La deuxième dynamique s’inspire de ce savoir-faire à la française dans la « gestion démocratique des foules », offrant au passage un juteux marché aux industries de l’armement, en militarisant la police et son arsenal. Depuis la fin des années 1960, l’État n’envoie plus l’armée pour réprimer les grèves et les révoltes, mais il militarise les agents civils du maintien de l’ordre et déploie un dispositif répressif féroce, allant jusqu’à tuer des manifestants, de Vital Michelon à Rémi Fraisse, en passant par Malik Oussekine. Pour parfaire cette volonté de contrôle et de répression tout en gardant un vernis démocratique, les marchands de canon ont mis en place des armes dites à « létalité atténuée ».

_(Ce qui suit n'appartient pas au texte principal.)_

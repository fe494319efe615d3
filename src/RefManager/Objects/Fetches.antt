-- ===== src/RefManager/Objects/Fetches.antt =====
-- How often a Claim of deployments of pkg/util/controller/controller_ref_manager.go asks the API
-- server for the controller.
use loadbalancer_controller.Common.{
  ℕ, suc, ◌+◌, ◌≤◌, arith, String, none, some, List, [], ◌∷◌, inl, inr, Bool-cases, ◌||◌,
}
use loadbalancer_controller.Common.Effects.{
  is_not_found, is_invalid, Reply, Reply-cases, reply, failed, Result, ok, err, panic, blocked,
  Exec, continue, observed, pure,
}
use loadbalancer_controller.Api.{ObjectMeta, Deployment}
use loadbalancer_controller.Cluster.{Cluster, Library, Call, OwnerPatch, get_lb, patch_deployment}
use loadbalancer_controller.RefManager.{RefManager, Once, can_adopt}
use loadbalancer_controller.RefManager.Rechecks.{budget, IsBounded, claim_with-size}
use loadbalancer_controller.RefManager.Objects.{
  adopt_checked, release_patch, adopt_deployment, released, release_deployment, claim_deployments,
}

-- The requests for a load balancer among the calls.
abbrev pub fetches : List Call → ℕ
fetches [] = 0
fetches (get_lb namespace name ∷ h) = suc (fetches h)
fetches (c ∷ h) = fetches h

module _ (C : Cluster) (L : Library) (m : RefManager) where
  checked-IsBounded :
      (o : ObjectMeta) (namespace name : String) (p : OwnerPatch) (r x : Reply (Unit {0})) (n : ℕ)
      (h : List Call)
      → fetches h ≤ n
      → IsBounded fetches n
          (adopt_checked C L m "Deployment" o (patch_deployment namespace name p) (r, some x) h)
  unfolding adopt_checked
  checked-IsBounded o namespace name p (failed e) x n h b = omega (arith, b)
  checked-IsBounded o namespace name p (reply u) x n h b =
      elim (Reply-cases (C.accepted h (patch_deployment namespace name p))) [
        | inl (v, e) ↦ rw e (omega (arith, b))
        | inr (v, e) ↦ rw e (omega (arith, b))
      ]

  -- The recheck, whatever it answers, and then the patch.
  first-IsBounded :
      (o : ObjectMeta) (namespace name : String) (p : OwnerPatch) (n : ℕ)
      (out : Result (Unit {0}) × List Call)
      → fetches out.1 ≤ n
      → let (r, h) =
          continue {B = Reply (Unit {0}) × Once} (observed out.0) (λ r. pure (r, some r)) out.1 in
        IsBounded fetches n
          (continue r (adopt_checked C L m "Deployment" o (patch_deployment namespace name p)) h)
  first-IsBounded o namespace name p n (ok u, h) b =
      checked-IsBounded o namespace name p (reply u) (reply u) n h b
  first-IsBounded o namespace name p n (err e, h) b =
      checked-IsBounded o namespace name p (failed e) (failed e) n h b
  first-IsBounded o namespace name p n (panic, h) b = b
  first-IsBounded o namespace name p n (blocked, h) b = b

  released-fetches :
      (d : Deployment) (h : List Call) → fetches (release_deployment C L m d h).1 ≤ fetches h
  unfolding release_deployment released
  released-fetches d h =
      elim (Reply-cases
        (C.accepted h (patch_deployment d.namespace d.name (release_patch C L m d.uid)))) [
          | inl (v, e) ↦ rw e (omega arith)
          | inr (v, e) ↦ elim (Bool-cases (is_not_found v || is_invalid v)) [
            | inl expected ↦ rw (e, expected) (omega arith)
            | inr unexpected ↦ rw (e, unexpected) (omega arith)
          ]
        ]

module _ (C : Cluster) (L : Library) (m : RefManager) (recheck : Exec Call (Unit {0}))
    (once_only : (h : List Call) → fetches (recheck h).1 ≤ fetches h + 1) where
  -- A manager that rechecks.
  abbrev pub rechecking : RefManager
  rechecking = record m { can_adopt_func = some recheck }

  adopt_deployment-IsBounded :
      (d : Deployment) (once : Once) (h : List Call)
      → IsBounded fetches (fetches h + budget once) (adopt_deployment C L rechecking d once h)
  unfolding adopt_deployment can_adopt
  adopt_deployment-IsBounded d (some r) h =
      checked-IsBounded C L rechecking d.meta d.namespace d.name _ r r _ h (omega arith)
  adopt_deployment-IsBounded d none h =
      first-IsBounded C L rechecking d.meta d.namespace d.name _ _ (recheck h) (once_only h)

  -- If a recheck asks at most once, so does a claim.
  pub claim_deployments-fetches :
      (ds : List Deployment) (h : List Call)
      → fetches (claim_deployments C L rechecking ds h).1 ≤ fetches h + 1
  unfolding claim_deployments
  claim_deployments-fetches ds h =
      claim_with-size fetches L rechecking (λ (d : Deployment). d.meta)
        (adopt_deployment C L rechecking) (release_deployment C L rechecking)
        adopt_deployment-IsBounded (released-fetches C L rechecking) ds h
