-- ===== src/Witnesses.antt =====
-- Examples of the theorems at concrete inputs.
mod Samples
mod Util
mod Control
mod Nodes
mod Proxies
mod Startup
mod Running
mod Generated
mod Queue
mod Licenses
mod Deleted
mod Steady
mod Events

Des armes non létales qui tuent

Les grenades lacrymogènes, composées de gaz CS, appartiennent à l’arsenal le plus connu des forces de l’ordre. Cette technique, finalement peu utilisée dans les autres pays européens, permet de tenir à distance des manifestants, notamment à l’aide de lanceurs Cougar. À côté de ces gaz, fabriqués par Nobelsport notamment, se trouvent tous les dispositifs balistiques, dits encore grenades, présentant une charge de TNT atténuée et variable suivant les situations. Ces dispositifs, déclinés en différents éléments (désencerclement, effet de souffle), sont des armes extrêmement mutilantes et responsables de la mort de Rémi Fraisse et de Vital Michalon. Enfin, les lanceurs de balles non perforantes se sont imposés dans l’arsenal sous l’impulsion de Claude Guéant, directeur général de la police nationale en 1995, pour venir aujourd’hui équiper une grande partie des BAC et des policiers. Le Flash-Ball Super-Pro, invention de l’entreprise Verney-Carron, sera d’abord utilisé dans l’antiterrorisme puis très rapidement dans les quartiers populaires. Il est depuis 2007 remplacé à grande échelle par le LBD 40mm, fabriqué par le suisse Brüger & Thomet, et ses balles en caoutchouc sont fabriquées à Pont-de-Buis, par Nobelsport…

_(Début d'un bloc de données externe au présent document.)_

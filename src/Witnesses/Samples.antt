-- ===== src/Witnesses/Samples.antt =====
-- A small cluster and the vendored helpers as concrete functions, for the examples.
use loadbalancer_controller.Common.{◌<>◌}
use loadbalancer_controller.Common.{
  ℕ, suc, String, Bool, true, false, not, ◌&&◌, Option, none, some, ◌≡◌, refl,
}
use loadbalancer_controller.Common.{List, [], ◌∷◌, keep_if, any_of, ◌==◌, string_eq, if◌then◌else◌}
use loadbalancer_controller.Common.GoMap.{GoMap, Entries, entries, get}
use loadbalancer_controller.Common.Effects.{
  Error, not_found, already_exists, invalid, conflict, precondition_violated, server, message,
}
use loadbalancer_controller.Common.Effects.{
  reply, failed, Result, ok, err, panic, blocked, Exec, pure, fail, ◌>>=◌,
}
use loadbalancer_controller.Api.{ObjectMeta, OwnerReference, LoadBalancer, Taint}
use loadbalancer_controller.Cluster.{
  Cluster, Library, HasTaintHelpers, HasDeepCopy, Routines, HasRetry, Runs, last, again,
}
use loadbalancer_controller.Cluster.{Call, lb_queue, add_rate_limited, forget}

-- The first owner reference that is a controller.
abbrev pub first_controller : List OwnerReference → Option OwnerReference
first_controller [] = none
first_controller (r ∷ rs) = elim r.controller [
  | none ↦ first_controller rs
  | some b ↦ if b then some r else first_controller rs
]

abbrev pub is_value : String → Option String → Bool
is_value v none = false
is_value v (some w) = v == w

abbrev pub all_in : Entries → GoMap → Bool
all_in [] m = true
all_in ((k, v) ∷ es) m = is_value v (get k m) && all_in es m

abbrev pub same_slot : Taint → Taint → Bool
same_slot t u = t.key == u.key && t.effect == u.effect

abbrev pub first_error : List Error → Option Error
first_error [] = none
first_error (e ∷ es) = some e

abbrev pub library : Library
library = record {
  get_controller_of = λ m. first_controller m.owner_references;
  matches = λ s l. all_in (entries s) l;
  match_taint = same_slot;
  taint_to_string = λ t. t.key;
  delete_taint = λ ts t. (keep_if (λ u. not (same_slot t u)) ts, any_of (same_slot t) ts);
  delete_taints_by_key = λ ts k. (keep_if (λ u. not (k == u.key)) ts, any_of (λ u. k == u.key) ts);
  quote = λ s. "\"" <> s <> "\"";
  error_text = λ e. "error";
  deep_copy = reply;
  merge_patch = λ n n'. reply tt;
  new_aggregate = first_error;
}

pub library-HasTaintHelpers : HasTaintHelpers library
library-HasTaintHelpers = record {
  match_taint_lem = λ t u. refl;
  delete_taint_lem = λ ts t. refl;
  delete_taints_by_key_lem = λ ts k. refl;
}

pub library-HasDeepCopy : HasDeepCopy library
library-HasDeepCopy = record { deep_copy_lem = λ o. refl; merge_patch_lem = λ n n'. refl }

abbrev pub no_requests : GoMap
no_requests = none

abbrev pub named : String → String → ObjectMeta
named name uid = record {
  name = name;
  namespace = "prod";
  uid = uid;
  resource_version = "1";
  labels = some (("app", "web") ∷ []);
  owner_references = [];
  deletion_timestamp = none;
}

abbrev pub sample_lb : LoadBalancer
sample_lb = record {
  meta = named "web" "lb-1";
  spec = record {
    kind = "external";
    nodes = record { replicas = some 1; names = some ("node-1" ∷ []); effect = some "NoSchedule" };
    proxy = record {
      kind = "nginx";
      config = none;
      resources = record { limits = none; requests = none };
    };
    providers = record {
      service = none;
      ipvsdr = some (record { vip = "10.0.0.1"; scheduler = "rr" });
      aliyun = none;
      azure = none;
    };
  };
  status = record {
    proxy_status = record {
      pod_statuses = record { replicas = 0; total_replicas = 0; ready_replicas = 0; statuses = [] };
      deployment = "";
      ingress_class = "";
      config_map = "";
      tcp_config_map = "";
      udp_config_map = "";
    };
    providers_statuses = record { service = none; ipvsdr = none; aliyun = none; azure = none };
  };
}

-- An internal load balancer, which has no ipvsdr provider.
abbrev pub internal_lb : LoadBalancer
internal_lb = record sample_lb {
  spec = record (sample_lb.spec) {
    kind = "internal";
    providers = record {
      service = some (record { name = "svc" });
      ipvsdr = none;
      aliyun = none;
      azure = none;
    };
  };
}

-- The rate limited additions to the controller's queue since the last time it forgot its item.
abbrev pub requeues : List Call → ℕ
requeues [] = 0
requeues (add_rate_limited lb_queue o ∷ h) = suc (requeues h)
requeues (forget lb_queue o ∷ h) = 0
requeues (c ∷ h) = requeues h

-- A cluster with one load balancer that accepts every call.
abbrev pub cluster : Cluster
cluster = record {
  indexed_lb = λ h key. reply (some sample_lb);
  cached_lbs = λ h ns. reply (sample_lb ∷ []);
  cached_node = λ h name. failed not_found;
  cached_nodes = λ h s. reply [];
  cached_deployments = λ h ns s. reply [];
  cached_pods = λ h s. reply [];
  live_lb = λ h ns name. reply sample_lb;
  updated_lb = λ h ns lb. reply lb;
  live_config_map = λ h ns name. failed not_found;
  live_ingresses = λ h s. reply [];
  accepted = λ h c. reply tt;
  shutting_down = λ h q. false;
  num_requeues = λ h q o. requeues h;
  int63 = λ h n. n;
  intn_254 = λ h. 7;
}

-- A second attempt after a conflict.
abbrev pub retry_once :
    Exec Call LoadBalancer → Result LoadBalancer × List Call → Result LoadBalancer × List Call
retry_once f (err conflict, h) = f h
retry_once f x = x

abbrev pub recheck : ObjectMeta → Exec Call (Unit {0})
recheck m = elim m.deletion_timestamp [ none ↦ pure tt | some t ↦ fail (message "being deleted") ]

abbrev pub routines : Routines
routines = record {
  retry_on_conflict = λ f h. retry_once f (f h);
  recheck_deletion_timestamp = λ f. f >>= recheck;
}

retry_once-Runs :
    (f : Exec Call LoadBalancer) (h : List Call) (x : Result LoadBalancer × List Call)
    → f h ≡ x
    → Runs f h (retry_once f x)
retry_once-Runs f h (ok lb, h') e = last e
retry_once-Runs f h (err conflict, h') e = again e (last refl)
retry_once-Runs f h (err not_found, h') e = last e
retry_once-Runs f h (err already_exists, h') e = last e
retry_once-Runs f h (err invalid, h') e = last e
retry_once-Runs f h (err precondition_violated, h') e = last e
retry_once-Runs f h (err (server s), h') e = last e
retry_once-Runs f h (err (message s), h') e = last e
retry_once-Runs f h (panic, h') e = last e
retry_once-Runs f h (blocked, h') e = last e

pub routines-HasRetry : HasRetry routines
routines-HasRetry = record { retry_runs = λ f h. retry_once-Runs f h (f h) refl }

Ce complexe militaro-industriel s’appuie sur le très officiel Centre de recherche, d’expertise et d’appui logistique pour le développement et l’expérimentation de ces nouvelles armes. La logique répressive décrite ci-dessus connaît un profond changement dès les années 2000, puisque la logique coloniale et l’utilisation de nouvelles armes à létalité diminuée, devient la doctrine sécuritaire française, non seulement dans les quartiers populaires mais aussi face aux mouvements sociaux. Pour mater la meute, l’État réarme les forces de l’ordre et permet l’utilisation de moyens de terreur pour décourager les contestations. On tire sur le peuple et on individualise la répression en mutilant des manifestants et manifestantes… jusqu’au meurtre.

Sponsor des dictatures

Faire le siège de Nobelsport était également essentiel pour attirer l’attention sur le fait que des entreprises françaises gagnent de l’argent en fabriquant des armes pour les polices du monde entier. Nobelsport est un bon exemple de ce capitalisme de mort et de mutilation, exportant 90 % de sa production à l’étranger. On retrouve sa griffe sur les munitions tirées au Bahreïn, au Liban et dans de nombreux pays du monde. Sponsor officiel des dictatures, Nobelsport commercialise des armes interdites par la convention de Genève au Burkina Faso. Cette action visait à dépasser les peurs mais aussi à apprendre à bloquer des usines qui fonctionnent 24 heures sur 24 pendant les grands mouvements sociaux. De nombreux ateliers et échanges se sont déroulés tout au long du week-end, ponctués d’actions offensives face à l’usine dont l’accès était bloqué par un important dispositif policier. Ce week-end a permis de rencontrer bon nombre de militants et militantes du Grand Ouest et d’ailleurs afin de développer des solutions contre la militarisation du maintien de l’ordre.
Des casques et lunettes de protection, en passant par une ambulance militante pour les premiers soins, font partie des solutions de défense mises en avant.

Ce camp de trois jours a redonné l’espoir à celles et ceux qui luttent de ne plus subir la répression et les pratiques infâmes des bleus casqués. Cet espoir et cette solidarité nous serviront très vite, surtout face à un État qui réarme les BAC, qui donne le droit d’ouvrir le feu sans être inquiété et qui entend attaquer les espaces de contestation en France. Comme une idée lancinante depuis ces trois jours d’octobre, au pied des monts d’Arrée : on ira ensemble, on rentrera ensemble.